One of the most agreeable of Voiture's letters (addressed to a cardinal)[58] contains an account of a trip that he had made into the country with the Demoiselles de Rambouillet and de Bourbon, chaperoned by "Madame the Princess," mother of the great Condé; Mlle. Paulet (the bit of driftwood) and several others were of the party.

We departed from Paris about six o'clock in the evening, [wrote Voiture], to go to La Barre,[59] where Mme. de Vigean was to give collation to Madame the Princess.... We arrived at La Barre and entered an audience-room in which there was nothing but a carpet of roses and of orange blossoms for us to walk upon. After having admired this magnificence, Madame the Princess wished to visit the promenade halls while we were waiting for supper. The sun was setting in a cloud of gold and azure, and there was only enough of it left to give a soft and misty light. The wind had gone down, it was cool and pleasant, and it seemed to us that earth and heaven had met to favour Mme. de Vigean's wish to feast the most beautiful Princess in the world.

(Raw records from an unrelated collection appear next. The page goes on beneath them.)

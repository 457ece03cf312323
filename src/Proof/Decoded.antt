-- ===== src/Proof/Decoded.antt =====
-- What the fields of a decoded access proof are sure to satisfy.
use nft_gate.Base.{◌≤◌, ◌≡◌, true, ◌&&◌, Option, none, some, arith, Option-cases, inl, inr}
use nft_gate.Text.{Text, codes, len, is_ascii}
use nft_gate.Text.Split.{trim}
use nft_gate.External.{Crates, Json, Fields, as_object, get}
use nft_gate.Proof.{
  AccessProof, is_address, is_nonce, is_signature, digest_ok, max_token_bytes, digest_field,
  proof_of_object, decode_access_proof,
}

pub record IsWellFormed (token : Text) (proof : AccessProof) : Type 0 where
  pub short : len token ≤ max_token_bytes
  pub ascii : (is_ascii proof.address && (is_ascii proof.nonce && is_ascii proof.signature)) ≡ true
  pub address : is_address proof.address ≡ true
  pub nonce : is_nonce proof.nonce ≡ true
  pub signature : is_signature proof.signature ≡ true
  pub digest : digest_ok proof.consume_digest ≡ true

digest_field-ok : (v : Option Json) (d : Option Text) → digest_field v ≡ some d → digest_ok d ≡ true
unfolding digest_field
digest_field-ok none d h = ground arith
digest_field-ok (some v) d h = ground arith

-- The checks that the fields of an object passed.
abbrev HasFields : AccessProof → Type 0
HasFields proof =
    ((is_ascii proof.address && (is_ascii proof.nonce && is_ascii proof.signature)) ≡ true)
    × (is_address proof.address ≡ true)
    × (is_nonce proof.nonce ≡ true)
    × (is_signature proof.signature ≡ true)
    × (digest_ok proof.consume_digest ≡ true)

proof_of_object-HasFields :
    (obj : Fields) (proof : AccessProof) → proof_of_object obj ≡ some proof → HasFields proof
unfolding proof_of_object
proof_of_object-HasFields obj proof h =
    ground (arith, digest_field-ok (get (codes "consumeDigest") obj) proof.consume_digest)

-- A token that decodes is within the size limit, and each field of the proof is in its grammar.
pub decode_access_proof-IsWellFormed :
    (crates : Crates) (token : Text) (proof : AccessProof)
    → decode_access_proof crates token ≡ some proof
    → IsWellFormed token proof
unfolding decode_access_proof
decode_access_proof-IsWellFormed crates token proof h =
    elim (Option-cases (crates.base64_decode (trim token))) [
      | inl e ↦ absurd (ground arith)
      | inr (json, e) ↦ elim (Option-cases (crates.parse_json json)) [
        | inl e' ↦ absurd (ground arith)
        | inr (value, e') ↦ elim (Option-cases (as_object value)) [
          | inl e'' ↦ absurd (ground arith)
          | inr (obj, e'') ↦
              let fields = proof_of_object-HasFields obj proof (ground arith) in
              record {
                short = ground arith;
                ascii = fields.0;
                address = fields.1;
                nonce = fields.2;
                signature = fields.3;
                digest = fields.4;
              }
        ]
      ]
    ]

Having passed a large parterre, and great gardens, all full of orange trees, we arrived at a wood which the sunlight had not entered in more than an hundred years, until it entered there (in the person of Madame). At the foot of an avenue so long that we could not fathom its vista with our eyes until we had reached the end of it, we found a fountain which threw out more water than was ever thrown by all the fountains of Tivoli put together. Around the fountain were ranged twenty-four violinists with their violins, and their music was hardly able to cover the music of the fountain. When we drew near them we discovered a niche in the palisado, and in the niche was a Diana eleven or twelve years old, more beautiful than any goddess of the forests of Greece or of Thessaly. She bore her arrows in her eyes, and all the rays of the halo of her brother surrounded her. In another niche was one of Diana's nymphs, beautiful and sweet enough to attend Diana. They who doubt fables said that the two visions were only Mlle. de Bourbon and la Pucelle Priande; and, to tell the truth, there was some ground for their belief, for even we who have always put faith in fables, we who knew that we were looking upon a supernatural vision, recognised a close resemblance. Every one was standing motionless and speechless, with admiration for all the objects so astonishing both to ear and to eye, when suddenly the goddess sprang from her niche and with grace that cannot be described, began a dance around the fountain which lasted some time, and in which every one joined.